Il rendimento è stato molto più al centro dell'attenzione rispetto allo spread con l'aumento dei tassi di interesse, uno dei motivi per cui gli spread nel complesso si sono compressi così tanto. Cosa c'è di male in un rendimento del 3,67% bloccato fino a giugno 2027 da un'azienda solida come Microsoft? A chi importa se si può ottenere il 3,69% su un Treasury di recente emissione con scadenza un mese dopo, o leggermente di più su un vecchio Treasury con scadenza un mese prima? Gli investitori obbligazionari professionali potrebbero indispettirsi per il rischio di un aumento dello spread – un rischio reale – ma se si prevede di detenere fino alla scadenza, forse non è poi così importante.

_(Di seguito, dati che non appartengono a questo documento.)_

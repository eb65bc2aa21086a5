-- ===== src/Csi/Services.antt =====
-- The three services of the plugin as their callers see them: each request gets its client from
-- `client_injector` (crates/csi/src/bin), and the handler's outcome is the answer.
use rlvm.Base.{⊤}
use rlvm.Csi.Controller.Handlers.{
  list_volumes, get_capacity, controller_get_capabilities, create_volume, delete_volume,
  validate_volume_capabilities,
}
use rlvm.Csi.Controller.Parts.{Platform, RlvmController}
use rlvm.Csi.Identity.{Verifier, Extensions, get_plugin_info, get_plugin_capabilities, probe}
use rlvm.Csi.Node.Handlers.{
  RlvmNode, node_stage_volume, node_unstage_volume, node_publish_volume, node_unpublish_volume,
  node_get_capabilities, node_get_info,
}
use rlvm.Csi.Spec.Controller.{
  CreateVolumeRequest, CreateVolumeResponse, DeleteVolumeRequest, ValidateVolumeCapabilitiesRequest,
  ValidateVolumeCapabilitiesResponse, ListVolumesRequest, ListVolumesResponse, GetCapacityRequest,
  GetCapacityResponse, ControllerGetCapabilitiesResponse,
}
use rlvm.Csi.Spec.Identity.{GetPluginInfoResponse, GetPluginCapabilitiesResponse, ProbeResponse}
use rlvm.Csi.Spec.Node.{
  NodeStageVolumeRequest, NodeUnstageVolumeRequest, NodePublishVolumeRequest,
  NodeUnpublishVolumeRequest, NodeGetCapabilitiesResponse, NodeGetInfoResponse,
}
use rlvm.Host.{Os}
use rlvm.Mountd.Spec.{MountService}
use rlvm.Rpc.{Call, Status, with_extension, answer}
use rlvm.Volumed.Spec.{VolumeService}

pub record ControllerService (S : Type 0) : Type 0 where
  pub list_volumes : ListVolumesRequest → Call S Status ListVolumesResponse
  pub get_capacity : GetCapacityRequest → Call S Status GetCapacityResponse
  pub controller_get_capabilities : ⊤ → Call S Status ControllerGetCapabilitiesResponse
  pub create_volume : CreateVolumeRequest → Call S Status CreateVolumeResponse
  pub delete_volume : DeleteVolumeRequest → Call S Status ⊤
  pub validate_volume_capabilities :
      ValidateVolumeCapabilitiesRequest → Call S Status ValidateVolumeCapabilitiesResponse

pub record NodeService (S : Type 0) : Type 0 where
  pub node_stage_volume : NodeStageVolumeRequest → Call S Status ⊤
  pub node_unstage_volume : NodeUnstageVolumeRequest → Call S Status ⊤
  pub node_publish_volume : NodePublishVolumeRequest → Call S Status ⊤
  pub node_unpublish_volume : NodeUnpublishVolumeRequest → Call S Status ⊤
  pub node_get_capabilities : ⊤ → Call S Status NodeGetCapabilitiesResponse
  pub node_get_info : ⊤ → Call S Status NodeGetInfoResponse

pub record IdentityService (S : Type 0) : Type 0 where
  pub get_plugin_info : ⊤ → Call S Status GetPluginInfoResponse
  pub get_plugin_capabilities : ⊤ → Call S Status GetPluginCapabilitiesResponse
  pub probe : ⊤ → Call S Status ProbeResponse

module _ {S : Type 0} (panicked : Status) where
  abbrev pub controller_service : Platform → RlvmController → VolumeService S → ControllerService S
  controller_service platform controller client = record {
    list_volumes =
        λ m. answer panicked (list_volumes platform controller (with_extension client m));
    get_capacity =
        λ m. answer panicked (get_capacity platform controller (with_extension client m));
    controller_get_capabilities =
        λ m. answer panicked (controller_get_capabilities platform controller m);
    create_volume =
        λ m. answer panicked (create_volume platform controller (with_extension client m));
    delete_volume =
        λ m. answer panicked (delete_volume platform controller (with_extension client m));
    validate_volume_capabilities = λ m.
        answer panicked
          (validate_volume_capabilities platform controller (with_extension client m));
  }

  abbrev pub node_service : {F : Type 0} → Os S F → RlvmNode → MountService S → NodeService S
  node_service os node client = record {
    node_stage_volume = λ m. answer panicked (node_stage_volume os (with_extension client m));
    node_unstage_volume = λ m. answer panicked (node_unstage_volume os (with_extension client m));
    node_publish_volume = λ m. answer panicked (node_publish_volume os (with_extension client m));
    node_unpublish_volume =
        λ m. answer panicked (node_unpublish_volume os (with_extension client m));
    node_get_capabilities = λ m. answer panicked (node_get_capabilities os m);
    node_get_info = λ m. answer panicked (node_get_info os node m);
  }

  abbrev pub identity_service : Verifier → Extensions S → IdentityService S
  identity_service verifier extensions = record {
    get_plugin_info = λ m. answer panicked (get_plugin_info m);
    get_plugin_capabilities = λ m. answer panicked (get_plugin_capabilities m);
    probe = λ m. answer panicked (probe verifier extensions);
  }
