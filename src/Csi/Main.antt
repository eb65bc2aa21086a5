-- ===== src/Csi/Main.antt =====
-- crates/csi/src/bin: the start of the two programs of the plugin. `connect` reaches the socket of
-- volumed or mountd, and yields a client.
use rlvm.Base.{⊤, String, none, some}
use rlvm.Csi.Controller.Parts.{Platform}
use rlvm.Csi.Identity.{Verifier}
use rlvm.Csi.Services.{
  ControllerService, NodeService, IdentityService, controller_service, node_service,
  identity_service,
}
use rlvm.Host.{Os, Startup}
use rlvm.Mountd.Spec.{MountService}
use rlvm.Rpc.{Status, Call, Program, ◌>>=◌, ◌>>◌, forward, expect}
use rlvm.Volumed.Spec.{VolumeService}

-- `node_id` is the UUID as it prints, and `daemon_socket` is `volumed_socket` or `mountd_socket`.
pub record Cli : Type 0 where
  pub node_id : String
  pub socket_path : String
  pub daemon_socket : String

module _ {S File Config : Type 0} (panicked : Status) where
  unfoldable pub controller_main :
      Startup S File Config (ControllerService S × IdentityService S)
      → (String → Call S String (VolumeService S))
      → Platform
      → Cli
      → Program S String ⊤
  controller_main host connect platform args = do
    forward (host.bind args.socket_path)
    expect host.set_handler
    client ← expect (connect args.daemon_socket)
    forward (
        host.serve (
          controller_service panicked platform (record { node_id = args.node_id }) client,
          identity_service panicked Verifier.controller
              (record { volumed = some client; mountd = none }),
        ))
    forward (host.remove_file args.socket_path)

  unfoldable pub node_main :
      {F : Type 0}
      → Startup S File Config (NodeService S × IdentityService S)
      → (String → Call S String (MountService S))
      → Os S F
      → Cli
      → Program S String ⊤
  node_main host connect os args = do
    forward (host.bind args.socket_path)
    expect host.set_handler
    client ← expect (connect args.daemon_socket)
    forward (
        host.serve (
          node_service panicked os (record { node_id = args.node_id }) client,
          identity_service panicked Verifier.node (record { volumed = none; mountd = some client }),
        ))
    forward (host.remove_file args.socket_path)
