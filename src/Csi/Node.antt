-- ===== src/Csi/Node.antt =====
-- The node service of the plugin (crates/csi/src/node.rs).
pub mod Handlers
pub mod Validation
pub mod Mounts
pub mod Effects
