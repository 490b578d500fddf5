-- ===== src/Stdio/Tests.antt =====
-- Formats at concrete inputs: `"id %-4u|%03d%%"`, the message of a console, and a cursor.
use ktux.Base.{
  ℕ, ◌^◌, ◌<◌, ◌≡◌, refl, true, false, List, [], ◌∷◌, ◌++◌, ◌==◌, if◌then◌else◌, inl, inr, ◌*◌,
  arith,
}
use ktux.Base.Run.{ok, fault}
use ktux.Video.Consoles.{Display}
use ktux.Video.Consoles.Isolation.{IsLaidOut}
use ktux.Stdio.{do_printf, to_digits}
use ktux.Stdio.Fields.{
  Piece, literal, percent_sign, field, decimal, signed_decimal, format, ArePieces, render,
}
use ktux.Stdio.Numeral.{numeral_in}
use ktux.Stdio.Rendered.{send_text, do_printf-renders, do_printf-runs_over}
use ktux.Stdio.Printers.{vsprintf}
use ktux.Stdio.Printers.Buffer.{Holds, vsprintf-Holds}

-- 7, and then -5.
abbrev stack : ℕ → ℕ
stack a = if a == 1 then 4294967291 else 7

stack-small : (a : ℕ) → stack a < 2 ^ 32
stack-small a = ground arith

abbrev strings : ℕ → List ℕ
strings _ = []

abbrev pieces : List Piece
pieces =
    literal (b'i' ∷ b'd' ∷ b' ' ∷ [])
    ∷ field (record { left = true; zeroes = false; wide = b'4' ∷ []; conversion = decimal })
    ∷ literal (b'|' ∷ [])
    ∷ field (record { left = false; zeroes = true; wide = b'3' ∷ []; conversion = signed_decimal })
    ∷ percent_sign
    ∷ []

pieces-ArePieces : ArePieces pieces
pieces-ArePieces = (
  (omega arith, (omega arith, (omega arith, tt))),
  (
    (inr (omega arith), ((omega arith, (omega arith, tt)), omega arith)),
    ((omega arith, tt), ((inl refl, ((omega arith, (omega arith, tt)), omega arith)), (tt, tt))),
  ),
)

abbrev take_char : ℕ → List ℕ → List ℕ
take_char c s = s ++ c ∷ []

rendered :
    render stack strings 0 pieces
    ≡ b'i' ∷ b'd' ∷ b' ' ∷ b'7' ∷ b' ' ∷ b' ' ∷ b' ' ∷ b'|' ∷ b'-' ∷ b'0' ∷ b'5' ∷ b'%' ∷ []
unfolding to_digits numeral_in
rendered = refl

do_printf-renders_example :
    do_printf take_char stack strings (format pieces) []
    ≡ ok (12, send_text take_char (render stack strings 0 pieces) [])
unfolding to_digits numeral_in
do_printf-renders_example =
    do_printf-renders take_char stack strings pieces [] pieces-ArePieces stack-small

do_printf-runs_over_example :
    (do_printf take_char stack strings (b'5' ∷ b'0' ∷ b'%' ∷ []) [] ≡ fault)
    × (do_printf take_char stack strings (b'5' ∷ b'0' ∷ b'%' ∷ b'0' ∷ []) [] ≡ fault)
do_printf-runs_over_example =
    do_printf-runs_over take_char stack strings (b'5' ∷ b'0' ∷ []) []
      (omega arith, (omega arith, tt))

vsprintf-Holds_example :
    (after : ℕ → ℕ) × (vsprintf stack strings 0x1000 (format pieces) (λ _. 0xCC) ≡ ok (12, after))
    × Holds 0x1000 (render stack strings 0 pieces ++ 0 ∷ []) (λ _. 0xCC) after
unfolding to_digits numeral_in
vsprintf-Holds_example =
    vsprintf-Holds stack strings pieces 0x1000 (λ _. 0xCC) pieces-ArePieces stack-small
      (omega arith)

-- Two consoles of 3 rows and 16 columns.
abbrev two_consoles : Display
two_consoles = record {
  width = 16;
  height = 3;
  crtc_io_adr = 0x3D4;
  vc = λ k. record {
    esc = 0;
    attrib = 7;
    csr_x = 0;
    csr_y = 0;
    esc1 = 0;
    esc2 = 0;
    esc3 = 0;
    fb_adr = k * 48;
  };
  num_vcs = 2;
  curr_vc = 1;
  cells = λ _. 0x720;
  ports = [];
}

two_consoles-IsLaidOut : IsLaidOut two_consoles
two_consoles-IsLaidOut = record {
  columns = omega arith;
  rows = omega arith;
  tabs = refl;
  narrow = omega arith;
  low = omega arith;
  fits = omega arith;
  screens = λ k h. refl;
  cursors = λ k h. record { column = omega arith; row = omega arith; state = omega arith };
}

abbrev place : ℕ → ℕ
place a = if a == 0 then 2 else 11

place-small : (a : ℕ) → place a < 2 ^ 32
place-small a = ground arith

Anche i fondi pensione e le compagnie assicurative prendono sempre più in considerazione una misura diversa dallo spread del rendimento di un'obbligazione rispetto ai titoli del Tesoro: sono più interessati allo spread rispetto a swap sui tassi di interesse comparabili, che utilizzano per coprire parte dell'esposizione alle variazioni dei tassi. Concentratevi su quello che è noto come spread sugli swap, e il fatto che i titoli del Tesoro offrano sia un rendimento migliore che una maggiore liquidità rispetto ad alcuni di questi titoli potrebbe essere meno evidente.
Non dobbiamo preoccuparci di un default degli Stati Uniti a breve, nonostante il pantano fiscale in cui i politici amano infilarsi. Ma chiunque acquisti obbligazioni societarie di alta qualità dovrebbe preoccuparsi della mancanza di ricompensa per l'assunzione di rischi aggiuntivi.